D7 — Test loads the deployment baseline at startup
Without data/baseline.json loaded, the classifier compares raw CV
against thresholds of 3.0 (300 %) and 6.0 — values no realistic signal
reaches. The test discovers the baseline via a couple of canonical
relative paths (../../data/baseline.json from the crate dir, etc.)
and exits early with a clear eprintln! hint if none are found.
Trade-offs
- Synthetic fixtures don't catch sensor-specific bugs. A Kconfig-level FW regression that produced subtly different amplitude scaling would not be caught — the synthetic fixtures encode the expected scaling, not whatever the FW currently emits. The witness bundle (ADR-028) still covers that end of the pipeline.
replay_2000runs only when explicitly named or via the full suite. No filtering hides it from CI. It runs in well under a second so cost is negligible.- F1 currently 1.0 — too clean to detect subtle regressions. A followup with live captures may bring the natural F1 to ~0.9, at which point the 0.85 threshold becomes a real gate. For now it's primarily a contract test: "the classifier still emits something reasonable on a known input".
Files Touched
scripts/generate-replay-fixtures.py (new)
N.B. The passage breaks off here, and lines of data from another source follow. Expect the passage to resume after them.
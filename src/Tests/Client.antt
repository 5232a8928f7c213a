-- ===== src/Tests/Client.antt =====
-- The motion client and the fake camera beside the motion server.
use edaf55_project.Base.{
  ◌∷◌, replicate, arith, ◌≡◌, refl, [], ◌++◌, some, none, true, false, ℤ, pos, negsuc, ◌+◌,
}
use edaf55_project.Socket.Pipe.{pipe, pipe-IsLawful}
use edaf55_project.Os.{Os, Call, socket, connect, count}
use edaf55_project.MotionClient.{Polls, motion_get, poll_motion, request_text}
use edaf55_project.MotionClient.Polling.{is_socket, is_close, poll_motion-leak}
use edaf55_project.MotionClient.Answered.{motion_get-serve_client}
use edaf55_project.FakeCapture.{notify_message, fake_motion_notify}
use edaf55_project.MotionServer.Notify.{request, waits, received, motion_task}
use edaf55_project.MotionServer.Notify.Faked.{fake_motion_notify-motion_task}
use edaf55_project.MotionServer.{GlobalState}
use edaf55_project.MotionServer.Respond.{answer, serve_client}

abbrev outcome : ℤ → Call → ℤ
outcome reached socket = pos 3
outcome reached (connect fd) = reached
outcome reached _ = pos 0

abbrev os_with : ℤ → Os
os_with reached = record { result = λ _ c. outcome reached c; errno = λ _. pos 111 }

abbrev polls : Polls
polls = record { running = true; motionfd = negsuc 0; calls = [] }

abbrev state : GlobalState
state = record {
  listenfd = pos 3;
  running = true;
  quit = false;
  pfd = pos 3;
  motionfd = pos 4;
  motioncfd = pos 5;
  mfd = pos 4;
  t_remote = pos 100;
  t_local = pos 120;
}

poll_motion-leak_example :
    (w' : Polls) × (poll_motion
        (os_with (negsuc 0))
        pipe
        (λ _. none)
        3
        (λ _. record { limits = []; out = [] })
        polls
      ≡ some w')
    × (count is_socket w'.calls ≡ 3 + count is_socket polls.calls)
    × (count is_close w'.calls ≡ count is_close polls.calls)
poll_motion-leak_example =
    poll_motion-leak (os_with (negsuc 0)) pipe (λ _. none) (λ _. record { limits = []; out = [] })
      (λ log fd. refl) 3 polls

motion_get-serve_client_example :
    ((w' : Polls) × (motion_get
          (os_with (pos 0))
          pipe
          (λ _. some [])
          polls
          (record { limits = []; out = [] })
        ≡ some (some [], w', record { limits = []; out = request_text })))
    × (request_text ≡ [] ++ request_text)
    × (serve_client pipe
          (record { limits = []; out = [] })
          (some request_text)
          (pos 0)
          (pos 125)
          (pos 0)
          state
        ≡ some (pos 0, true, record { limits = []; out = answer 0 (pos 125) state }))
    × (answer 0 (pos 125) state ≡ [] ++ answer 0 (pos 125) state)
motion_get-serve_client_example =
    motion_get-serve_client (os_with (pos 0)) pipe pipe (λ _. some []) polls
      (record { limits = []; out = [] }) (record { limits = []; out = request_text })
      (record { limits = []; out = [] }) (record { limits = []; out = answer 0 (pos 125) state })
      (pos 0) (pos 125) (pos 0) state pipe-IsLawful pipe-IsLawful refl refl refl

fake_motion_notify-motion_task_example :
    (fake_motion_notify pipe true (record { limits = []; out = [] }) (pos 77)
      ≡ some (record { limits = []; out = notify_message (pos 77) }))
    × (notify_message (pos 77) ≡ [] ++ notify_message (pos 77))
    × (motion_task (request 5 (notify_message (pos 77)) (pos 130) (pos 0) ∷ []) state
        ≡ some (
            waits
              (received (replicate 1024 0) (notify_message (pos 77)))
              (pos 0)
              (record state { motioncfd = pos 5; t_remote = pos 77; t_local = pos 130 })))
fake_motion_notify-motion_task_example =
    fake_motion_notify-motion_task pipe (record { limits = []; out = [] })
      (record { limits = []; out = notify_message (pos 77) }) 5 (pos 77) (pos 130) state
      pipe-IsLawful (omega arith) refl
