-- ===== src/Tests/Reading.antt =====
-- The client's reading of streams that give their bytes in one piece or in several.
use edaf55_project.Base.{
  ℕ, zero, suc, ◌≡◌, ◌≤◌, ◌<◌, min, refl, ◌∙◌, ap, sym, List, [], ◌∷◌, ◌++◌, take, drop, length,
  replicate, Option, some, none, arith, codes, take-append, take-append-drop, length-take,
}
use mathlib.Core.Path.{subst}
use mathlib.Core.Option.{some-injective}
use edaf55_project.PictureReciever.{InputStream, IsStream, image_loop, header_loop}
use edaf55_project.PictureReciever.Loops.{filled_at, image_loop-filled_at}
use edaf55_project.PictureReciever.Pictures.{IsPrompt}
use edaf55_project.PictureReciever.Pieces.{header_loop-misplaced}
use edaf55_project.MotionDataReceiver.Reads.{IsWhole}
use edaf55_project.Packet.{get_picture_size}

-- A stream of bytes that gives all it is asked for, as far as it has them.
abbrev read_front : List ℕ → ℕ → Option (List ℕ) × List ℕ
read_front s zero = (some [], s)
read_front [] (suc n) = (none, [])
read_front (x ∷ xs) (suc n) = (some (x ∷ take n xs), drop n xs)

abbrev pub at_once : InputStream
at_once = record { State = List ℕ; read = read_front; remaining = λ s. s }

-- A stream whose reads give at most as many bytes as `limits` says, and one more.
record Pieces : Type 0 where
  limits : List ℕ
  bytes : List ℕ

abbrev read_piece : List ℕ → List ℕ → ℕ → Option (List ℕ) × Pieces
read_piece ls s zero = (some [], record { limits = ls; bytes = s })
read_piece ls [] (suc n) = (none, record { limits = ls; bytes = [] })
read_piece [] (x ∷ xs) (suc n) = (some (x ∷ take n xs), record { limits = []; bytes = drop n xs })
read_piece (l ∷ ls) (x ∷ xs) (suc n) =
    (some (x ∷ take (min l n) xs), record { limits = ls; bytes = drop (min l n) xs })

abbrev pieces : InputStream
pieces = record {
  State = Pieces;
  read = λ s n. read_piece s.limits s.bytes n;
  remaining = λ s. s.bytes;
}

-- What a read has to do with the bytes `s` before and `r` after it.
record IsPiece (s r d : List ℕ) (len : ℕ) : Type 0 where
  gives : s ≡ d ++ r
  at_most : length d ≤ len
  at_least : 0 < len → 0 < length d

front-IsPiece :
    (x : ℕ) (xs : List ℕ) (k n : ℕ) → k ≤ n → IsPiece (x ∷ xs) (drop k xs) (x ∷ take k xs) (suc n)
front-IsPiece x xs k n h = record {
  gives = ap (λ s. x ∷ s) (sym (take-append-drop k xs));
  at_most = omega (arith, length-take k xs);
  at_least = λ _. omega arith;
}

none-IsPiece : (s : List ℕ) → IsPiece s s [] 0
none-IsPiece s = record { gives = refl; at_most = omega arith; at_least = λ h. h }

-- It is the same of what a read is known to give.
known-IsPiece :
    {T : Type 0} (rest : T → List ℕ) (s : List ℕ) (len : ℕ) (d d' : List ℕ) (t t' : T)
    → IsPiece s (rest t) d len
    → ◌≡◌ {A = Option (List ℕ) × T} (some d, t) (some d', t')
    → IsPiece s (rest t') d' len
known-IsPiece rest s len d d' t t' v h =
    let e : d ≡ d' = some-injective d d' (ap (λ p. p.0) h) in
    let e' : t ≡ t' = ap (λ p. p.1) h in
    subst (λ u. IsPiece s (rest u) d' len) e' (subst (λ c. IsPiece s (rest t) c len) e v)

read_front-IsPiece :
    (s t : List ℕ) (len : ℕ) (d : List ℕ) → read_front s len ≡ (some d, t) → IsPiece s t d len
read_front-IsPiece s t zero d h = known-IsPiece (λ u. u) s 0 [] d s t (none-IsPiece s) h
read_front-IsPiece [] t (suc n) d h = cc
read_front-IsPiece (x ∷ xs) t (suc n) d h =
    known-IsPiece (λ u. u) (x ∷ xs) (suc n) (x ∷ take n xs) d (drop n xs) t
      (front-IsPiece x xs n n (omega arith)) h

read_front-ended : (s t : List ℕ) (len : ℕ) → read_front s len ≡ (none, t) → (s ≡ []) × (t ≡ [])
read_front-ended s t zero h = cc
read_front-ended [] t (suc n) h = (refl, sym (ap (λ p. p.1) h))
read_front-ended (x ∷ xs) t (suc n) h = cc

at_once-IsStream : IsStream at_once
at_once-IsStream = record {
  gives = λ s t len d h. (read_front-IsPiece s t len d h).gives;
  at_most = λ s t len d h. (read_front-IsPiece s t len d h).at_most;
  at_least = λ s t len d h. (read_front-IsPiece s t len d h).at_least;
  ended = λ s t len h. read_front-ended s t len h;
}

read_front-append : (d rest : List ℕ) → (read_front (d ++ rest) (length d)).0 ≡ some d
read_front-append [] rest = refl
read_front-append (x ∷ d) rest = ap (λ e. some (x ∷ e)) (take-append d rest)

pub at_once-IsPrompt : IsPrompt at_once
at_once-IsPrompt = record {
  stream = at_once-IsStream;
  prompt = λ s d rest few there.
      ap (λ (u : List ℕ). (read_front u (length d)).0) there ∙ read_front-append d rest;
}

pub at_once-IsWhole : IsWhole at_once
at_once-IsWhole = record {
  stream = at_once-IsStream;
  whole = λ s d rest there.
      ap (λ (u : List ℕ). (read_front u (length d)).0) there ∙ read_front-append d rest;
}

read_piece-IsPiece :
    (ls s : List ℕ) (t : Pieces) (len : ℕ) (d : List ℕ)
    → read_piece ls s len ≡ (some d, t)
    → IsPiece s t.bytes d len
read_piece-IsPiece ls s t zero d h =
    known-IsPiece (λ (u : Pieces). u.bytes) s 0 [] d (record { limits = ls; bytes = s }) t
      (none-IsPiece s) h
read_piece-IsPiece ls [] t (suc n) d h = cc
read_piece-IsPiece [] (x ∷ xs) t (suc n) d h =
    known-IsPiece (λ (u : Pieces). u.bytes) (x ∷ xs) (suc n) (x ∷ take n xs) d
      (record { limits = []; bytes = drop n xs }) t (front-IsPiece x xs n n (omega arith)) h
read_piece-IsPiece (l ∷ ls) (x ∷ xs) t (suc n) d h =
    known-IsPiece (λ (u : Pieces). u.bytes) (x ∷ xs) (suc n) (x ∷ take (min l n) xs) d
      (record { limits = ls; bytes = drop (min l n) xs }) t
      (front-IsPiece x xs (min l n) n (omega arith)) h

read_piece-ended :
    (ls s : List ℕ) (t : Pieces) (len : ℕ)
    → read_piece ls s len ≡ (none, t)
    → (s ≡ []) × (t.bytes ≡ [])
read_piece-ended ls s t zero h = cc
read_piece-ended ls [] t (suc n) h =
    (refl, sym (ap (λ (p : Option (List ℕ) × Pieces). p.1.bytes) h))
read_piece-ended [] (x ∷ xs) t (suc n) h = cc
read_piece-ended (l ∷ ls) (x ∷ xs) t (suc n) h = cc

pieces-IsStream : IsStream pieces
pieces-IsStream = record {
  gives = λ s t len d h. (read_piece-IsPiece s.limits s.bytes t len d h).gives;
  at_most = λ s t len d h. (read_piece-IsPiece s.limits s.bytes t len d h).at_most;
  at_least = λ s t len d h. (read_piece-IsPiece s.limits s.bytes t len d h).at_least;
  ended = λ s t len h. read_piece-ended s.limits s.bytes t len h;
}

-- Five bytes in pieces of two, one and two.
image_loop-filled_at_example :
    (t : Pieces) × (image_loop pieces 6
        (record { limits = 1 ∷ 0 ∷ []; bytes = codes "12345rest" })
        (codes "abcdefgh")
        2
        5
      ≡ some (0, filled_at (codes "abcdefgh") 2 (codes "12345"), t))
    × (t.bytes ≡ codes "rest")
image_loop-filled_at_example =
    image_loop-filled_at pieces pieces-IsStream 6
      (record { limits = 1 ∷ 0 ∷ []; bytes = codes "12345rest" }) (codes "abcdefgh") 2
      (codes "12345") (codes "rest") (omega arith) (omega arith) refl

-- A header of a frame of three bytes, in pieces of one, one and eight bytes.
header_loop-misplaced_example :
    (w : Pieces) × (header_loop pieces 11
        (record {
          limits = 0 ∷ 0 ∷ [];
          bytes = 1 ∷ 2 ∷ 0 ∷ 0 ∷ 0 ∷ 0 ∷ 0 ∷ 0 ∷ 3 ∷ 0 ∷ codes "jpg";
        })
        (replicate 13 65)
        0
        10
      ≡ some (0, 1 ∷ 0 ∷ 0 ∷ 0 ∷ 0 ∷ 0 ∷ 0 ∷ 3 ∷ 0 ∷ 65 ∷ codes "AAA", w))
    × (w.bytes ≡ codes "jpg")
header_loop-misplaced_example =
    header_loop-misplaced pieces pieces-IsStream _ _ _ _ (replicate 13 65) (1 ∷ []) (2 ∷ [])
      (0 ∷ 0 ∷ 0 ∷ 0 ∷ 0 ∷ 0 ∷ 3 ∷ 0 ∷ []) refl refl refl (omega arith) (omega arith) (omega arith)
      (omega arith) (omega arith)

-- The client then takes the frame to have 65 * 256 bytes.
misplaced_size : get_picture_size (1 ∷ 0 ∷ 0 ∷ 0 ∷ 0 ∷ 0 ∷ 0 ∷ 3 ∷ 0 ∷ 65 ∷ codes "AAA") ≡ 16640
unfolding get_picture_size
misplaced_size = refl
v2/crates/wifi-densepose-sensing-server/tests/fixtures/
replay_idle.jsonl (new)
replay_motion.jsonl (new)
v2/crates/wifi-densepose-sensing-server/src/main.rs
- replay_tests module (D4, D5, D7)
docs/adr/ADR-114-replay-regression-suite.md (this)
Verified Acceptance
$ cargo test --release -p wifi-densepose-sensing-server \
--no-default-features --bin sensing-server replay_2000 -- --nocapture
replay_2000 F1=1.000 tp=822 fp=0 tn=822 fn=0
test replay_tests::replay_2000_packets_f1_above_threshold ... ok
test result: ok. 1 passed; 0 failed; 0 ignored;
Full workspace suite: 327 tests pass (was 326 + this one).
References
- ADR-101 — raw-amplitude classifier this test exercises.
- ADR-102 — NBVI subcarrier selection that feeds CV calculation.
- ADR-103 — persistent baseline that drives the universal-threshold normalization the test relies on.
- ADR-028 — witness bundle (the other end-to-end regression mechanism; ADR-114 covers classifier code paths, ADR-028 covers the deterministic-CSI proof pipeline).
- Francesco Pace, How I Turned My Wi-Fi Into a Motion Sensor — Part 2, "Replay regression test" — the upstream pattern.